Peg Wyant shattered glass ceilings for women in the workplace long before it was common practice. In the 1960s, gender-equitable hiring practices were so far from reality as to barely register a whisper. But Wyant, author of a new memoir, One Red Shoe, about her experiences working for Procter & Gamble and as an entrepreneur and mother, simply wouldn’t take no for an answer.
“I walked into P&G,” she recalls, “and this nice lady said, Fill out this application, and then I’ll give you the typing test. And I said, I don’t type. All I can do is think. Don’t you have a test for that?” In 1968, she was hired as the first female associate brand manager in company history.
Even before becoming a corporate trailblazer, Wyant marched to the beat of her own drum. The daughter of a federal judge and a former model, the Cincinnati area native worked a Congressional internship, graduated from Smith College in 1964, and was accepted to Georgetown Law School—which she deferred in order to launch American Education International, a cultural and language exchange program. It was a financial failure after just two years, and Wyant moved back in with her parents. She applied to P&G at her father’s suggestion.
“If I hadn’t failed in that company, if I hadn’t gone bankrupt, John Pepper probably wouldn’t have thought I was that special,” says Wyant. “That’s what made me stand out to Procter & Gamble people, that I actually had the nerve to start a company, charter a jet, and take 250 kids to Europe.” Pepper, then a P&G brand manager and the company’s CEO from 1995 to 2002, was instrumental in hiring Wyant. In the foreword to One Red Shoe, he recalls his first impression of her: “I hadn’t met anyone in recruiting at P&G who was smarter, and no one with more energy. So she went onto a day of interviews. She was hired.”
Through a contemporary lens and amid the national conversation of work-life balance, it may seem that Wyant’s accomplishments are par for the course. But she forged a truly unprecedented path on the heels of the passage of the Civil Rights Act of 1964, which outlawed discrimination based on race, color, religion, or sex. Wyant became the first woman at P&G to work past five months of pregnancy, a previous cut-off for female employees. In fact, she delivered a speech at the company’s year-end board meeting in 1973 while nine months pregnant with her first child. “I asked them, Could I please not be replaced? because I wanted to come back, and you weren’t expected to come back,” she says. “P&G actually agreed not to replace me and to let me come back to that coveted job, a really big move on their part and mine. That was progress.”

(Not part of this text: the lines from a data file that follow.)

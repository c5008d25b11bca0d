-- ===== src/Macros/Arity.antt =====
-- Which uses of the macros compile, and to what.
use sim_logger.Prelude.{
  ℕ, zero, suc, ◌≤◌, ◌<◌, ◌-◌, List, [], ◌∷◌, ◌++◌, Option, none, some, ◌≡◌, refl, ap, ◌∙◌, arith,
  get_elem?, length,
}
use sim_logger.Level.{Level}
use sim_logger.Macros.{
  Argument, numeral, other, PrintfCall, numerals_down, nargs, nargs_of, printf_2, printf_3, impl,
  dispatch_by_nargs,
}

module _ {X : Type 0} where
  get_elem?-after :
      (xs ys : List (Argument X)) (i : ℕ)
      → length xs ≤ i
      → get_elem? (xs ++ ys) i ≡ get_elem? ys (i - length xs)
  get_elem?-after [] ys i h = ap (get_elem? ys) (omega arith)
  get_elem?-after (x ∷ xs) ys zero h = absurd (omega arith)
  get_elem?-after (x ∷ xs) ys (suc i) h =
      get_elem?-after xs ys i (omega arith) ∙ ap (get_elem? ys) (omega arith)

  get_elem?-within :
      (xs ys : List (Argument X)) (i : ℕ) → i < length xs → get_elem? (xs ++ ys) i ≡ get_elem? xs i
  get_elem?-within [] ys i h = absurd (omega arith)
  get_elem?-within (x ∷ xs) ys zero h = refl
  get_elem?-within (x ∷ xs) ys (suc i) h = get_elem?-within xs ys i (omega arith)

  get_elem?-numerals_down :
      (n i : ℕ) → i ≤ n → get_elem? (numerals_down {X = X} n) i ≡ some (numeral (n - i))
  get_elem?-numerals_down zero zero h = refl
  get_elem?-numerals_down zero (suc i) h = absurd (omega arith)
  get_elem?-numerals_down (suc n) zero h = ap (λ k. some (numeral k)) (omega arith)
  get_elem?-numerals_down (suc n) (suc i) h =
      get_elem?-numerals_down n i (omega arith) ∙ ap (λ k. some (numeral k)) (omega arith)

  counted :
      (args : List (Argument X)) → length args ≤ 10 → nargs args ≡ some (numeral (length args))
  unfolding nargs nargs_of
  counted args h =
      get_elem?-after args (numerals_down 10) 10 h
      ∙ get_elem?-numerals_down 10 (10 - length args) (omega arith)
      ∙ ap (λ k. some (numeral k)) (omega arith)

  -- The call of `log_printf` that a use with these arguments stands for.
  unfoldable pub intended : Level → List (Argument X) → Option (PrintfCall X)
  intended level (logger ∷ fmt ∷ variadic) =
      some (record { level = level; logger = logger; fmt = fmt; variadic = variadic })
  intended level _ = none

  impl-many :
      (level : Level) (n : ℕ) (args : List (Argument X))
      → 3 ≤ n
      → n ≤ 10
      → 3 ≤ length args
      → impl level (numeral n) args ≡ intended level args
  unfolding impl printf_3 intended
  impl-many level n (x ∷ y ∷ z ∷ args) low high many = ground arith
  impl-many level n (x ∷ y ∷ []) low high many = absurd (omega arith)
  impl-many level n (x ∷ []) low high many = absurd (omega arith)
  impl-many level n [] low high many = absurd (omega arith)

  impl-length :
      (level : Level) (args : List (Argument X))
      → length args ≤ 10
      → impl level (numeral (length args)) args ≡ intended level args
  unfolding impl printf_2 intended
  impl-length level [] h = refl
  impl-length level (x ∷ []) h = refl
  impl-length level (x ∷ y ∷ []) h = refl
  impl-length level (x ∷ y ∷ z ∷ args) h =
      impl-many level (length (x ∷ y ∷ z ∷ args)) (x ∷ y ∷ z ∷ args) (omega arith) h (omega arith)

  -- A use of one of the macros with at most ten arguments expands to the intended call, of the
  -- macro's level and with exactly these arguments, if there are two or more, and with fewer it does
  -- not compile. With more than ten it hangs on the eleventh argument: the use does not compile
  -- if that is no numeral, and expands to the intended call if it is a numeral from 3 to 10.
  pub dispatch_by_nargs-intended :
      (level : Level) (args : List (Argument X))
      → (length args ≤ 10 → dispatch_by_nargs level args ≡ intended level args)
        × ((x : X)
            → get_elem? args 10 ≡ some (other x)
            → 10 < length args
            → dispatch_by_nargs level args ≡ none)
        × ((n : ℕ)
            → get_elem? args 10 ≡ some (numeral n)
            → 10 < length args
            → 3 ≤ n
            → n ≤ 10
            → dispatch_by_nargs level args ≡ intended level args)
  unfolding dispatch_by_nargs impl nargs nargs_of
  dispatch_by_nargs-intended level args = (
    λ few. rw (counted args few, dispatch_by_nargs) (impl-length level args few),
    λ x e many.
        rw (
          get_elem?-within args (numerals_down 10) 10 many ∙ e,
          dispatch_by_nargs,
          nargs,
          nargs_of,
        ),
    λ n e many low high.
        rw
          (get_elem?-within args (numerals_down 10) 10 many ∙ e, dispatch_by_nargs, nargs, nargs_of)
          (impl-many level n args low high (omega arith)),
  )
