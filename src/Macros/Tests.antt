-- ===== src/Macros/Tests.antt =====
-- Uses of LOG_WARNF with names as arguments.
use sim_logger.Prelude.{
  ℕ, ◌≤◌, ◌<◌, [], ◌∷◌, List, some, none, ◌≡◌, refl, get_elem?, length, Bytes, codes,
}
use sim_logger.Level.{warn}
use sim_logger.Macros.{Argument, numeral, other, nargs, nargs_of, impl, dispatch_by_nargs}
use sim_logger.Macros.Arity.{intended, dispatch_by_nargs-intended}

abbrev three : List (Argument Bytes)
three = other (codes "log") ∷ other (codes "fmt") ∷ numeral 7 ∷ []

only_a_logger : dispatch_by_nargs warn (other (codes "log") ∷ []) ≡ none
unfolding dispatch_by_nargs nargs nargs_of impl
only_a_logger = refl

dispatch_by_nargs-intended_example :
    (length three ≤ 10 → dispatch_by_nargs warn three ≡ intended warn three)
    × ((x : Bytes)
        → get_elem? three 10 ≡ some (other x)
        → 10 < length three
        → dispatch_by_nargs warn three ≡ none)
    × ((n : ℕ)
        → get_elem? three 10 ≡ some (numeral n)
        → 10 < length three
        → 3 ≤ n
        → n ≤ 10
        → dispatch_by_nargs warn three ≡ intended warn three)
dispatch_by_nargs-intended_example = dispatch_by_nargs-intended warn three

After 16 years, the mother of four left the company to dedicate more time to her family. “I realized that I couldn’t do it all,” she says. “I could do it all, but not all at once and not with four kids. And so I left. You could look at that as a failure, and for a while I did, thinking, I didn’t achieve what I wanted to achieve. But I don’t look at it as a failure now.”
Wyant would go on to start Grandin Properties, the venture capital group Isabella Capital, and the Women’s Capital Club. With husband Jack, she launched the Cincinnati Squash Academy in 2014, focused on helping underserved youth in the region.
“She really is a very good trend-spotter,” says Valerie Newell, principal and senior wealth advisor of Mariner Wealth Advisors and a member of the Women’s Capital Club, a group of women investors. “She was investing in Over-the-Rhine very early on. She can see these trends, which has been really super interesting at the Women’s Capital Club. We’ve had Apple stock for maybe 20 years, and it’s because she said, Hey, I think this is going to be a great stock. She’s an entrepreneur with a not-your-standard résumé, and she’s a woman, and she’s been a role model for so many people.”
With Grandin Properties, Wyant purchased and transformed the Strietmann Center in Over-the-Rhine in recent years. The former Strietmann Biscuit Company home is now the largest LEED-certified office building in OTR. It turns out that the original biscuit company was, in its 19th century beginnings, financed by a woman.
“I thought maybe telling my story would be instrumental,” says Wyant of her memoir. “We’ve come a long way, but we aren’t there yet by any stretch of the imagination. Maybe there are some kernels here that will be helpful to readers, especially young women.”